The entries below contain a line with "abbrev until : Bytes" and a line with "attenuate_all-mint_example = attenuate_all-mint". Quote exactly those two lines and all lines between them.

▬▬▬

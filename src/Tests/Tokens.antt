-- ===== src/Tests/Tokens.antt =====
-- The credentials' theorems, with a hash and an HMAC that only keep the length.
use dcr.Prelude.{◌≡◌, refl, true, [], ◌∷◌, ◌++◌, some, arith, replicate}
use dcr.Prelude.Int64.{wrap, ◌+ℤ◌}
use dcr.Prelude.Bytes.{Bytes, Bytes-discrete, codes, lookup, insert}
use dcr.GoText.{
  cut, split, trim_space, has_suffix, sort_strings, insert_sorted, parse_int, parse_digits,
}
use dcr.L402.{
  Crypto, Identifier, encode, decode_identifier, Macaroon, mint, attenuate, verify_signature, chain,
  extend_chain, ok, err, no_services,
}
use dcr.L402.Chain.{IsIdentifier, decode_identifier-encode, attenuate_all, attenuate_all-mint}
use dcr.L402.Wire.{marshal_binary, unmarshal_binary}
use dcr.L402.Wire.RoundTrip.{unmarshal_binary-marshal_binary}
use dcr.L402.Caveats.{
  VerifyOptions, verify_token, verify_caveats, group_caveats, verify_groups, verify_group,
  verify_services_chain, verify_valid_until_chain, attenuates, adds_name, tightens, parse_list,
  add_items, see, close,
}
use dcr.L402.Caveats.Attenuation.{verify_token-attenuate, PassesOrMisses}
use dcr.L402.Caveats.Unbound.{unbound_token_gains_service, services_caveat, for_service}

abbrev pub zeros : Bytes
zeros = replicate 32 0

abbrev pub crypto : Crypto
crypto = record {
  sha256 = λ text. zeros;
  hmac = λ key text. zeros;
  length-sha256 = λ text. refl;
  length-hmac = λ key text. refl;
}

abbrev pub identifier : Identifier
identifier = record { version = 0; payment_hash = zeros; token_id = replicate 32 7 }

identifier-IsIdentifier : IsIdentifier identifier
identifier-IsIdentifier = record { version = refl; hash = refl; token = refl }

decode_identifier-encode_example : decode_identifier (encode identifier) ≡ ok identifier
decode_identifier-encode_example = decode_identifier-encode identifier identifier-IsIdentifier

abbrev api : Bytes
api = codes "services=api:0"

abbrev until : Bytes
until = codes "api_valid_until=2000000000"

attenuate_all-mint_example :
    (attenuate_all crypto (mint crypto zeros identifier (api ∷ [])) (until ∷ [])
      ≡ mint crypto zeros identifier ((api ∷ []) ++ (until ∷ [])))
    × (verify_signature crypto zeros
          (attenuate_all crypto (mint crypto zeros identifier (api ∷ [])) (until ∷ []))
        ≡ true)
attenuate_all-mint_example = attenuate_all-mint crypto zeros identifier (api ∷ []) (until ∷ [])

abbrev pub token : Macaroon
token = record {
  location = codes "shop.org";
  id = 0 ∷ 0 ∷ (zeros ++ replicate 32 7);
  caveats = api ∷ until ∷ [];
  signature = zeros;
}

unmarshal_binary-marshal_binary_example : unmarshal_binary (marshal_binary token) ≡ ok token
unmarshal_binary-marshal_binary_example = unmarshal_binary-marshal_binary token (record {
  location = omega arith;
  id = omega arith;
  caveats = (omega arith, (omega arith, tt));
  signature = refl;
})

abbrev request : VerifyOptions
request = record { service = codes "api"; capability = []; now = 1900000000 }

verify_token-attenuate_example :
    PassesOrMisses (verify_token crypto zeros token (some zeros) request)
unfolding verify_token verify_signature chain extend_chain decode_identifier verify_caveats
    group_caveats verify_groups verify_group verify_services_chain verify_valid_until_chain
    attenuates adds_name tightens parse_list add_items see close attenuate cut split trim_space
    has_suffix sort_strings insert_sorted parse_int parse_digits lookup insert wrap ◌+ℤ◌
    Bytes-discrete
verify_token-attenuate_example =
    verify_token-attenuate crypto zeros token (codes "api_valid_until=1999999999") (some zeros)
      request (tt, (omega arith, tt)) refl refl

unbound_token_gains_service_example :
    let m = mint crypto zeros identifier [] in
    (verify_token crypto zeros m (some zeros) (for_service (codes "api") 1900000000)
      ≡ err no_services)
    × (verify_token crypto zeros
          (attenuate crypto m (services_caveat (codes "api")))
          (some zeros)
          (for_service (codes "api") 1900000000)
        ≡ ok tt)
unbound_token_gains_service_example =
    unbound_token_gains_service crypto zeros identifier zeros (codes "api") 1900000000
      identifier-IsIdentifier refl refl (λ e. ground arith)
      ((refl, refl, refl), ((refl, refl, refl), ((refl, refl, refl), tt)))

▬▬▬

RESPONSE TO THE TASK:
abbrev until : Bytes
until = codes "api_valid_until=2000000000"

attenuate_all-mint_example :
    (attenuate_all crypto (mint crypto zeros identifier (api ∷ [])) (until ∷ [])
      ≡ mint crypto zeros identifier ((api ∷ []) ++ (until ∷ [])))
    × (verify_signature crypto zeros
          (attenuate_all crypto (mint crypto zeros identifier (api ∷ [])) (until ∷ []))
        ≡ true)
attenuate_all-mint_example = attenuate_all-mint crypto zeros identifier (api ∷ []) (until ∷ [])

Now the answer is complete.